# PICS: '98 Silver NB Cup



## ABDTrix (Oct 8, 2001)

- ABD Cup front bumper
- CORD side skirts
- Bernt wiper cowl
- front and rear clear corner markers
- Alteeza tail lights
- 18" Konig Verdicts
- 2" Neuspeed drop
- DTM style muffler and tips
- 2 12" JL W0s subfloored (all flush)
- Rockford amp
- Lightning audio capacitor 
- Alpine 7863 headunit 
- MA Audio 5" screen w/custom RCA ports
- painted brake calipers (yellow) 
- painted engine cover (silver)
- painted various interious parts (silver)
- blue wire loom in engine
- 2 12" blue neon rods in front bumper grille
- limo tint
- ALL lights are metal white 
- modified stock airbox


























































[Modified by ABDTrix, 8:31 PM 10-11-2001]


----------



## iRiE VeeDuBB (Jan 31, 2001)

*Re: PICS: '98 Silver NB Cup (ABDTrix)*

nice lookin good


----------



## javablaze (Dec 10, 2000)

*Re: PICS: '98 Silver NB Cup (ABDTrix)*

hey whats up, do u go to UF? i saw your car in the norman garage...pretty cool


----------



## vdubdoug (Apr 21, 2000)

*Re: PICS: '98 Silver NB Cup (javablaze)*

Looks good but i am not a an of the tailights.


----------



## ABDTrix (Oct 8, 2001)

*Re: PICS: '98 Silver NB Cup (javablaze)*

Yea, I do goto UF! I was parked in Norman on yesterday (wed 10/10). And all the pics above were taken where I live at Campus Lodge.
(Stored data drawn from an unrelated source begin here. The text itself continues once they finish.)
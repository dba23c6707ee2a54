-- ===== src/Spsc/Tests.antt =====
-- `SPSCQueue` at concrete inputs.
use native.Mathlib.Nat.{one-le-pow}
use cpp_concurrency_toolbox.Base.{
  ℕ, ◌+◌, ◌-◌, ◌^◌, ◌≤◌, ◌<◌, ◌≡◌, ◌≢◌, refl, List, [], ◌∷◌, some, true, false, length, take, arith,
  ok, err, capacity_not_power_of_two,
}
use cpp_concurrency_toolbox.Capacity.{has_single_bit}
use cpp_concurrency_toolbox.Fifo.{Op, Reply, replies}
use cpp_concurrency_toolbox.Fifo.Client.{run}
use cpp_concurrency_toolbox.Spsc.{Queue, new, try_emplace, try_pop}
use cpp_concurrency_toolbox.Spsc.Sequential.{empty, implementation, new-run_refines, new_rejects}
use cpp_concurrency_toolbox.Spsc.Steps
use cpp_concurrency_toolbox.Spsc.Steps.{
  Producer, Consumer, System, by_producer, by_consumer, Reach, begun, then_step,
}
use cpp_concurrency_toolbox.Spsc.Safety.{received-IsPrefix, no_data_race}

abbrev keep : ℕ → ℕ
keep a = a

-- Two fit into four cells with one to spare, and the third fills them up.
abbrev calls : List (Op ℕ)
calls =
    Op.emplace 5 ∷ Op.emplace 6 ∷ Op.emplace 7 ∷ Op.emplace 8 ∷ Op.pop ∷ Op.emplace 9 ∷ Op.pop ∷ []

calls_replies :
    run (implementation keep 2) (empty 0 2) calls
    ≡ Reply.emplaced true
      ∷ Reply.emplaced true
      ∷ Reply.emplaced true
      ∷ Reply.emplaced false
      ∷ Reply.popped (some 5)
      ∷ Reply.emplaced true
      ∷ Reply.popped (some 6)
      ∷ []
unfolding run try_emplace try_pop
calls_replies = refl

new-run_refines_example :
    (q : Queue ℕ) × (new 0 (2 ^ 2) ≡ ok q)
    × (run (implementation keep 2) q calls ≡ replies (2 ^ 2 - 1) [] calls)
new-run_refines_example = new-run_refines 0 keep 2 calls (omega arith)

zero_is_no_power : (k : ℕ) → 0 ≢ 2 ^ k
zero_is_no_power k = omega (arith, one-le-pow k 2)

new_rejects_example : new {A = ℕ} 0 0 ≡ err capacity_not_power_of_two
new_rejects_example = new_rejects 0 0 zero_is_no_power

made : new {A = ℕ} 0 (2 ^ 2) ≡ ok (empty 0 2)
unfolding new has_single_bit
made = refl

-- One element goes in and out; the producer is about to write the next one and the consumer is back
-- at the test of its next call.
abbrev after_one : (s : System ℕ) × Reach keep (empty 0 2) s
after_one = (
  _,
  then_step
      (then_step
        (then_step
          (then_step (then_step begun (by_producer (Steps.load_tail 7)))
            (by_producer Steps.load_head))
          (by_producer (Steps.write (omega arith))))
        (by_producer Steps.publish))
      (by_consumer Steps.load_head),
)

abbrev contending : (s : System ℕ) × Reach keep (empty 0 2) s
contending = (
  _,
  then_step
      (then_step (then_step after_one.1 (by_producer (Steps.load_tail 8)))
        (by_producer Steps.load_head))
      (by_consumer Steps.load_tail),
)

abbrev delivered : (s : System ℕ) × Reach keep (empty 0 2) s
delivered = (
  _,
  then_step (then_step contending.1 (by_consumer (Steps.take (omega arith))))
      (by_consumer Steps.release),
)

received-IsPrefix_example :
    (delivered.0.got ≡ take (length delivered.0.got) delivered.0.log)
    × (length delivered.0.got ≤ length delivered.0.log)
    × (length delivered.0.log ≤ length delivered.0.got + (2 ^ 2 - 1))
received-IsPrefix_example = received-IsPrefix {k = 2} 0 (omega arith) made delivered.1

no_data_race_example : (◌≢◌ {A = ℕ} 1 0) × (1 < 2 ^ 2) × (0 < 2 ^ 2)
no_data_race_example =
    no_data_race {k = 2} 0 (omega arith) made contending.1 1 0 0 1 8 refl (omega arith) refl
      (omega arith)
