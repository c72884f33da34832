-- ===== src/Extract/Zip/Safe.antt =====
-- What `Unzip` touches.
use froggit_go.Base.{String, ◌≡◌, refl, ◌⊎◌, inl, inr, List, [], ◌∷◌, Result, ok, true, sym, ◌∙◌}
use mathlib.Core.Path.{subst}
use froggit_go.Base.Text.{has_prefix}
use froggit_go.Extract.Path.{clean}
use froggit_go.Extract.Path.Inside.{
  IsInside, IsAnchored, rooted-IsAnchored, sanitize_extraction_path-IsInside,
}
use froggit_go.Extract.Io.{
  Op, mkdir_all, open_file, close_file, copy, open_entry, close_entry, Os, Makes, Makes-lift-bind,
  Makes-bind, Makes-if, Makes-lift, Makes-pure, Makes-perform, Makes-deferred,
}
use froggit_go.Extract.Copy.{safe_copy-Makes}
use froggit_go.Extract.Zip.{File, Archive, dir, write_file, unzip_loop, unzip}

-- Files are opened, written and closed below the destination, and a directory is made there or is
-- the parent of a path there. An entry of the archive is only read.
abbrev pub IsAllowed : String → Op → Type 0
IsAllowed dest (mkdir_all p) =
    IsInside dest p ⊎ ((target : String) × (p ≡ dir target) × IsInside dest target)
IsAllowed dest (open_file p) = (target : String) × (p ≡ clean target) × IsInside dest target
IsAllowed dest (copy p n) = IsInside dest p
IsAllowed dest (close_file p) = IsInside dest p
IsAllowed dest (open_entry name) = Unit
IsAllowed dest (close_entry name) = Unit
IsAllowed dest _ = ⊥

ok-injective : {s t : String} → ok s ≡ ok t → s ≡ t
ok-injective h = cc

module _ (os : Os) (dest : String) (anchored : IsAnchored dest) where
  write_file-IsAllowed :
      (f : File) (target : String)
      → IsInside dest target
      → Makes (IsAllowed dest) (write_file os dest f target)
  unfolding write_file
  write_file-IsAllowed f target i =
      Makes-if f.is_dir _ _ (Makes-perform os (mkdir_all target) (inl i)) (
        Makes-bind _ _ (Makes-perform os (mkdir_all (dir target)) (inr (target, refl, i))) λ _.
          Makes-bind _ _ (Makes-perform os (open_file (clean target)) (target, refl, i)) λ _.
            Makes-deferred _ _ (Makes-perform os (close_file target) i) (
              Makes-bind _ _ (Makes-perform os (open_entry f.name) tt) λ _.
                Makes-deferred _ _ (Makes-perform os (close_entry f.name) tt)
                  (safe_copy-Makes (IsAllowed dest) os target (λ n. i) f.content)))

  unzip_loop-IsAllowed : (files : List File) → Makes (IsAllowed dest) (unzip_loop os dest files)
  unfolding unzip_loop
  unzip_loop-IsAllowed [] = Makes-pure tt
  unzip_loop-IsAllowed (f ∷ rest) =
      Makes-bind _ _
        (Makes-lift-bind _ _ λ target checked.
          write_file-IsAllowed f target
            (sanitize_extraction_path-IsInside f.name dest anchored checked))
        λ _. unzip_loop-IsAllowed rest

-- Whatever the archive holds and the operating system answers, `Unzip` opens, writes and closes
-- files only below the absolute form of the destination, and makes directories only there and at
-- the parents of paths there. `filepath.Abs` is assumed to give a path that begins with a slash.
pub unzip-IsAllowed :
    (os : Os) (abs : String → Result String) (a : Archive) (destination dest : String)
    → abs destination ≡ ok dest
    → has_prefix dest "/" ≡ true
    → Makes (IsAllowed dest) (unzip os abs a destination)
unfolding unzip
unzip-IsAllowed os abs a destination dest found rooted = Makes-bind _ _ (Makes-lift _) λ _.
    Makes-lift-bind (abs destination) _ λ d e.
      subst (λ x. Makes (IsAllowed dest) (unzip_loop os x a.files)) (ok-injective (sym found ∙ e))
        (unzip_loop-IsAllowed os dest (rooted-IsAnchored dest rooted) a.files)
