-- ===== src/Tests.antt =====
-- Concrete runs, and the theorems at concrete inputs.
mod Webhook
mod Auth
mod Pushes
mod Extract
mod Retry
mod Sets
mod Client
mod Gitlab
mod Github
mod Bitbucket
mod Cloud
mod Azure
[Modified by ABDTrix, 8:32 PM 10-11-2001]


----------



## hadagolf (Sep 1, 2001)

*Re: PICS: '98 Silver NB Cup (ABDTrix)*

You're missing the big Beetle Cup rear spoiler!!
It's gotta have the spoiler!!


----------



## ABDTrix (Oct 8, 2001)

*Re: PICS: '98 Silver NB Cup (hadagolf)*

yea, i was thinking about that. Do you really think i should get it?


----------



## hadagolf (Sep 1, 2001)

*Re: PICS: '98 Silver NB Cup (ABDTrix)*

If you _really_ want to get it, then sure. It's not a necessity. But its up to you- I think they cost like $500. Not sure anymore.


----------



## Guzz2k (May 25, 2001)

*Re: PICS: '98 Silver NB Cup (ABDTrix)*

Hey, that's a really nice looking ride! I'm not sure if I'm ready to convert to a happy face on wheels, but that's still a pretty bad azz looking vehicle.
I'd love to see a picture of it with the neon lights on, too.


----------



## ABDTrix (Oct 8, 2001)

*Re: PICS: '98 Silver NB Cup (Guzz2k)*

Thanks for the props man, I appreciate it. Theres a lot more to come. Never finish.......


----------



## vwnb99 (Feb 26, 1999)

*Re: PICS: '98 Silver NB Cup (ABDTrix)*

Do something to the motor... make that 2.slow faster!!!!!








Nice looking car!


----------



## ABDTrix (Oct 8, 2001)

*Re: PICS: '98 Silver NB Cup (vwnb99)*

HA! now I'm not sure thats an intelligent use of money. Make my 2.slow faster? that would require 1)supercharger, 2)turbo, or 3)NOS.....anything else (small stuff) wouldn't do poop for my engine.


----------



## schleppy (Nov 19, 2000)

*Re: PICS: '98 Silver NB Cup (ABDTrix)*

Neuspeed S/C (Nomalonious has it in his beetle, it rocks), lose the altezza lights, and get a big honkin beetle cup spoiler...


----------



## ABDTrix (Oct 8, 2001)

*Re: PICS: '98 Silver NB Cup (schleppy)*

Personally I love my tail lights, but I understand when ppl give me poop about them (really, I do). You guys have definately convinced me, however, to get a huge spoiler...Now should I get the Strictly Foreign one, or the Shine Street one (featured on TVA site). The shine street is 100$ less but I think the SF one looks better. What do you guys think?


----------



## VertigoGTI (Apr 1, 2001)

*Re: PICS: '98 Silver NB Cup (schleppy)*

Car is nice, taillights are rice.


----------



## GreenBeetle (Apr 10, 2000)

*Re: PICS: '98 Silver NB Cup (ABDTrix)*

Are the neon lights under the front grille illegal.....


----------



## ABDTrix (Oct 8, 2001)

*Re: PICS: '98 Silver NB Cup (GreenBeetle)*

i don't know and I don't really care either.


----------



## Turbobug (Jun 8, 2000)

*Re: PICS: '98 Silver NB Cup (ABDTrix)*

lets see the neon lighted up...not my type of thing...but still nice!


----------



## turbo_v_dub (Nov 14, 2001)

*Re: PICS: '98 Silver NB Cup (Turbobug)*

altezzas + neon = SOUR KRAUT...LOL not Rice The rest...is Top Notch!! Awesome Look man. http://****************.com/smile/emthup.gif







http://****************.com/smile/emthup.gif


----------



## sOnICtheBeEtLe (Oct 5, 2001)

*Re: PICS: '98 Silver NB Cup (ABDTrix)*

hay do you still have your spare ...on your trunk or did u have to take it out?


----------



## ABDTrix (Oct 8, 2001)

*Re: PICS: '98 Silver NB Cup (sOnICtheBeEtLe)*

I had to take it out, thus the term wheel-well sub-enclosure is applied.


----------